● **PROBLEM STATEMENT**:
Every line of the material has to be retyped exactly.

● **RECORDS SUPPLIED**:
╭──
-- ===== src/Report/Undo.antt =====
-- UndoProcessed after MarkAsProcessed.
use ubuntu_insights.Base.{
  Bool, Bytes, Option, [], ap, arith, false, is_nil, ite, none, some, subst, sym, ◌∙◌, ◌∷◌, ◌≡◌,
  ◌≢◌,
}
use ubuntu_insights.FileUtils.{atomic_write, write_file}
use ubuntu_insights.FileUtils.Atomic.{atomic_write-done, temp_path}
use ubuntu_insights.Report.{Report, mark_as_processed, undo_processed}
use ubuntu_insights.Report.Moves.{IsMovable, mark_as_processed_ok, marked, remove_ok}
use ubuntu_insights.System.Files.{node_at, remove}
use ubuntu_insights.System.Steps.{bind_elim, opaque-eq_ok}
use ubuntu_insights.System.World.{FilePath, Node, World, done, file, hiding, ok, path_dec}

-- Where the report was stashed and what UndoProcessed leaves at `q`.
abbrev Restored : FilePath → FilePath → Bytes → FilePath → World → World → Type 0
Restored from to data' q w w' =
    node_at q w'.tree
    ≡ ite (path_dec q from) none (ite (path_dec q to) (some (file data')) (node_at q w.tree))

undo_steps :
    (r : Report) (m n : Bytes) (d e q : FilePath) (w w1 : World)
    → r.path ≡ m ∷ e
    → node_at q w1.tree ≡ ite (path_dec q (n ∷ d)) (some (file r.stash_data)) (node_at q w.tree)
    → (remove r.path w1).0 ≡ done
    → Restored (m ∷ e) (n ∷ d) r.stash_data q w (remove r.path w1).1
undo_steps r m n d e q w w1 at h removed_ =
    remove_ok r.path m e q w1 at removed_
    ∙ ap (λ (o : Option Node). ite (path_dec q (m ∷ e)) none o) h

-- When UndoProcessed returns a report, the stashed data is back where it came from.
pub undo_processed_ok :
    (r : Report) (m n : Bytes) (d e q : FilePath) (w : World) (r' : Report)
    → r.path ≡ m ∷ e
    → r.stash_path ≡ n ∷ d
    → n ∷ d ≢ temp_path (n ∷ d) w
    → (undo_processed r w).0 ≡ ok r'
    → (r' ≡ record r { path = r.stash_path; stash_path = []; stash_data = [] })
      × Restored (m ∷ e) (n ∷ d) r.stash_data q w (undo_processed r w).1
unfolding undo_processed write_file
undo_processed_ok r m n d e q w r' at stash no_temp =
    let back : Report = record r { path = r.stash_path; stash_path = []; stash_data = [] } in
    let nonempty : is_nil r.stash_path ≡ false = ap is_nil stash in
    rw nonempty (
      bind_elim (λ x w'. x ≡ ok r' → (r' ≡ back) × Restored (m ∷ e) (n ∷ d) r.stash_data q w w')
        (hiding (atomic_write r.stash_path r.stash_data 0)) _ w
        (λ _ f.
          let w1 = (atomic_write r.stash_path r.stash_data 0 w).1 in
          bind_elim (λ x w'. x ≡ ok r' → (r' ≡ back) × Restored (m ∷ e) (n ∷ d) r.stash_data q w w')
            (hiding (remove r.path)) _ w1
            (λ _ g h. (
              ground arith,
              undo_steps r m n d e q w w1 at
                  (stored stash
                    (ground (arith, opaque-eq_ok (atomic_write r.stash_path r.stash_data 0 w).0 f)))
                  (ground (arith, opaque-eq_ok (remove r.path w1).0 g)),
            ))
            (λ _ _ h. absurd (ground arith)))
        (λ _ _ h. absurd (ground arith)))
  where
    stored :
        r.stash_path ≡ n ∷ d
        → (atomic_write r.stash_path r.stash_data 0 w).0 ≡ done
        → node_at q (atomic_write r.stash_path r.stash_data 0 w).1.tree
          ≡ ite (path_dec q (n ∷ d)) (some (file r.stash_data)) (node_at q w.tree)
    stored s =
        subst
          (λ p.
            (atomic_write p r.stash_data 0 w).0 ≡ done
            → node_at q (atomic_write p r.stash_data 0 w).1.tree
              ≡ ite (path_dec q (n ∷ d)) (some (file r.stash_data)) (node_at q w.tree))
          (sym s) (atomic_write-done n d r.stash_data 0 w q no_temp)

module _ (json_valid : Bytes → Bool) (dest : FilePath) (data' : Bytes) (r : Report) (n : Bytes)
    (d : FilePath) (mv : IsMovable dest r n d) where
  -- Marking a report as processed and undoing that, when neither returns an error, gives back the
  -- report with its stash emptied, and a tree in which every path is as it was, except that the
  -- marked path, whatever it held before, is gone. (The destination's file of that name is not the
  -- report itself, and neither path is that of a temporary file of a write.)
  pub undo_processed-mark_as_processed :
      (q : FilePath) (w : World) (r' r'' : Report)
      → (mark_as_processed json_valid dest data' r w).0 ≡ ok r'
      → let w' = (mark_as_processed json_valid dest data' r w).1 in
        (undo_processed r' w').0 ≡ ok r''
        → (r'' ≡ record r { stash_path = []; stash_data = [] })
          × (node_at q (undo_processed r' w').1.tree
              ≡ ite (path_dec q (marked dest r)) none (node_at q w.tree))
  undo_processed-mark_as_processed q w r' r'' h k =
      let w' = (mark_as_processed json_valid dest data' r w).1 in
      let (orig, same, was, valid, now) =
        mark_as_processed_ok json_valid dest data' r n d mv q w r' h in
      let (back, restored) =
        undo_processed_ok r' r.name n d dest q w' r'' (ap (λ (x : Report). x.path) same)
          (ap (λ (x : Report). x.stash_path) same ∙ mv.at) (mv.no_temp_back w') k in
      (
        back
            ∙ ap
                (λ (x : Report). record x { path = x.stash_path; stash_path = []; stash_data = [] })
                same,
        finally restored now was (ap (λ (x : Report). x.stash_data) same),
      )
    where
      finally :
          {o o' : Option Node} {b orig : Bytes}
          → o ≡ ite (path_dec q (r.name ∷ dest)) none (ite (path_dec q (n ∷ d)) (some (file b)) o')
          → o'
            ≡ ite
                (path_dec q (n ∷ d))
                none
                (ite (path_dec q (r.name ∷ dest)) (some (file data')) (node_at q w.tree))
          → node_at (n ∷ d) w.tree ≡ some (file orig)
          → b ≡ orig
          → o ≡ ite (path_dec q (r.name ∷ dest)) none (node_at q w.tree)
      finally h1 h2 h3 h4 = ground arith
╰──
● **EXERCISE SOLUTION**:
-- ===== src/Report/Undo.antt =====
-- UndoProcessed after MarkAsProcessed.
use ubuntu_insights.Base.{
  Bool, Bytes, Option, [], ap, arith, false, is_nil, ite, none, some, subst, sym, ◌∙◌, ◌∷◌, ◌≡◌,
  ◌≢◌,
}
use ubuntu_insights.FileUtils.{atomic_write, write_file}
use ubuntu_insights.FileUtils.Atomic.{atomic_write-done, temp_path}
use ubuntu_insights.Report.{Report, mark_as_processed, undo_processed}
use ubuntu_insights.Report.Moves.{IsMovable, mark_as_processed_ok, marked, remove_ok}
use ubuntu_insights.System.Files.{node_at, remove}
use ubuntu_insights.System.Steps.{bind_elim, opaque-eq_ok}
use ubuntu_insights.System.World.{FilePath, Node, World, done, file, hiding, ok, path_dec}

-- Where the report was stashed and what UndoProcessed leaves at `q`.
abbrev Restored : FilePath → FilePath → Bytes → FilePath → World → World → Type 0
Restored from to data' q w w' =
    node_at q w'.tree
    ≡ ite (path_dec q from) none (ite (path_dec q to) (some (file data')) (node_at q w.tree))

undo_steps :
    (r : Report) (m n : Bytes) (d e q : FilePath) (w w1 : World)
    → r.path ≡ m ∷ e
    → node_at q w1.tree ≡ ite (path_dec q (n ∷ d)) (some (file r.stash_data)) (node_at q w.tree)
    → (remove r.path w1).0 ≡ done
    → Restored (m ∷ e) (n ∷ d) r.stash_data q w (remove r.path w1).1
undo_steps r m n d e q w w1 at h removed_ =
    remove_ok r.path m e q w1 at removed_
    ∙ ap (λ (o : Option Node). ite (path_dec q (m ∷ e)) none o) h

-- When UndoProcessed returns a report, the stashed data is back where it came from.
pub undo_processed_ok :
    (r : Report) (m n : Bytes) (d e q : FilePath) (w : World) (r' : Report)
    → r.path ≡ m ∷ e
    → r.stash_path ≡ n ∷ d
    → n ∷ d ≢ temp_path (n ∷ d) w
    → (undo_processed r w).0 ≡ ok r'
    → (r' ≡ record r { path = r.stash_path; stash_path = []; stash_data = [] })
      × Restored (m ∷ e) (n ∷ d) r.stash_data q w (undo_processed r w).1
unfolding undo_processed write_file
undo_processed_ok r m n d e q w r' at stash no_temp =
    let back : Report = record r { path = r.stash_path; stash_path = []; stash_data = [] } in
    let nonempty : is_nil r.stash_path ≡ false = ap is_nil stash in
    rw nonempty (
      bind_elim (λ x w'. x ≡ ok r' → (r' ≡ back) × Restored (m ∷ e) (n ∷ d) r.stash_data q w w')
        (hiding (atomic_write r.stash_path r.stash_data 0)) _ w
        (λ _ f.
          let w1 = (atomic_write r.stash_path r.stash_data 0 w).1 in
          bind_elim (λ x w'. x ≡ ok r' → (r' ≡ back) × Restored (m ∷ e) (n ∷ d) r.stash_data q w w')
            (hiding (remove r.path)) _ w1
            (λ _ g h. (
              ground arith,
              undo_steps r m n d e q w w1 at
                  (stored stash
                    (ground (arith, opaque-eq_ok (atomic_write r.stash_path r.stash_data 0 w).0 f)))
                  (ground (arith, opaque-eq_ok (remove r.path w1).0 g)),
            ))
            (λ _ _ h. absurd (ground arith)))
        (λ _ _ h. absurd (ground arith)))
  where
    stored :
        r.stash_path ≡ n ∷ d
        → (atomic_write r.stash_path r.stash_data 0 w).0 ≡ done
        → node_at q (atomic_write r.stash_path r.stash_data 0 w).1.tree
          ≡ ite (path_dec q (n ∷ d)) (some (file r.stash_data)) (node_at q w.tree)
    stored s =
        subst
          (λ p.
            (atomic_write p r.stash_data 0 w).0 ≡ done
            → node_at q (atomic_write p r.stash_data 0 w).1.tree
              ≡ ite (path_dec q (n ∷ d)) (some (file r.stash_data)) (node_at q w.tree))
          (sym s) (atomic_write-done n d r.stash_data 0 w q no_temp)

module _ (json_valid : Bytes → Bool) (dest : FilePath) (data' : Bytes) (r : Report) (n : Bytes)
    (d : FilePath) (mv : IsMovable dest r n d) where
  -- Marking a report as processed and undoing that, when neither returns an error, gives back the
  -- report with its stash emptied, and a tree in which every path is as it was, except that the
  -- marked path, whatever it held before, is gone. (The destination's file of that name is not the
  -- report itself, and neither path is that of a temporary file of a write.)
  pub undo_processed-mark_as_processed :
      (q : FilePath) (w : World) (r' r'' : Report)
      → (mark_as_processed json_valid dest data' r w).0 ≡ ok r'
      → let w' = (mark_as_processed json_valid dest data' r w).1 in
        (undo_processed r' w').0 ≡ ok r''
        → (r'' ≡ record r { stash_path = []; stash_data = [] })
          × (node_at q (undo_processed r' w').1.tree
              ≡ ite (path_dec q (marked dest r)) none (node_at q w.tree))
  undo_processed-mark_as_processed q w r' r'' h k =
      let w' = (mark_as_processed json_valid dest data' r w).1 in
      let (orig, same, was, valid, now) =
        mark_as_processed_ok json_valid dest data' r n d mv q w r' h in
      let (back, restored) =
        undo_processed_ok r' r.name n d dest q w' r'' (ap (λ (x : Report). x.path) same)
          (ap (λ (x : Report). x.stash_path) same ∙ mv.at) (mv.no_temp_back w') k in
      (
        back
            ∙ ap
                (λ (x : Report). record x { path = x.stash_path; stash_path = []; stash_data = [] })
                same,
        finally restored now was (ap (λ (x : Report). x.stash_data) same),
      )
    where
      finally :
          {o o' : Option Node} {b orig : Bytes}
          → o ≡ ite (path_dec q (r.name ∷ dest)) none (ite (path_dec q (n ∷ d)) (some (file b)) o')
          → o'
            ≡ ite
                (path_dec q (n ∷ d))
                none
                (ite (path_dec q (r.name ∷ dest)) (some (file data')) (node_at q w.tree))
          → node_at (n ∷ d) w.tree ≡ some (file orig)
          → b ≡ orig
          → o ≡ ite (path_dec q (r.name ∷ dest)) none (node_at q w.tree)
      finally h1 h2 h3 h4 = ground arith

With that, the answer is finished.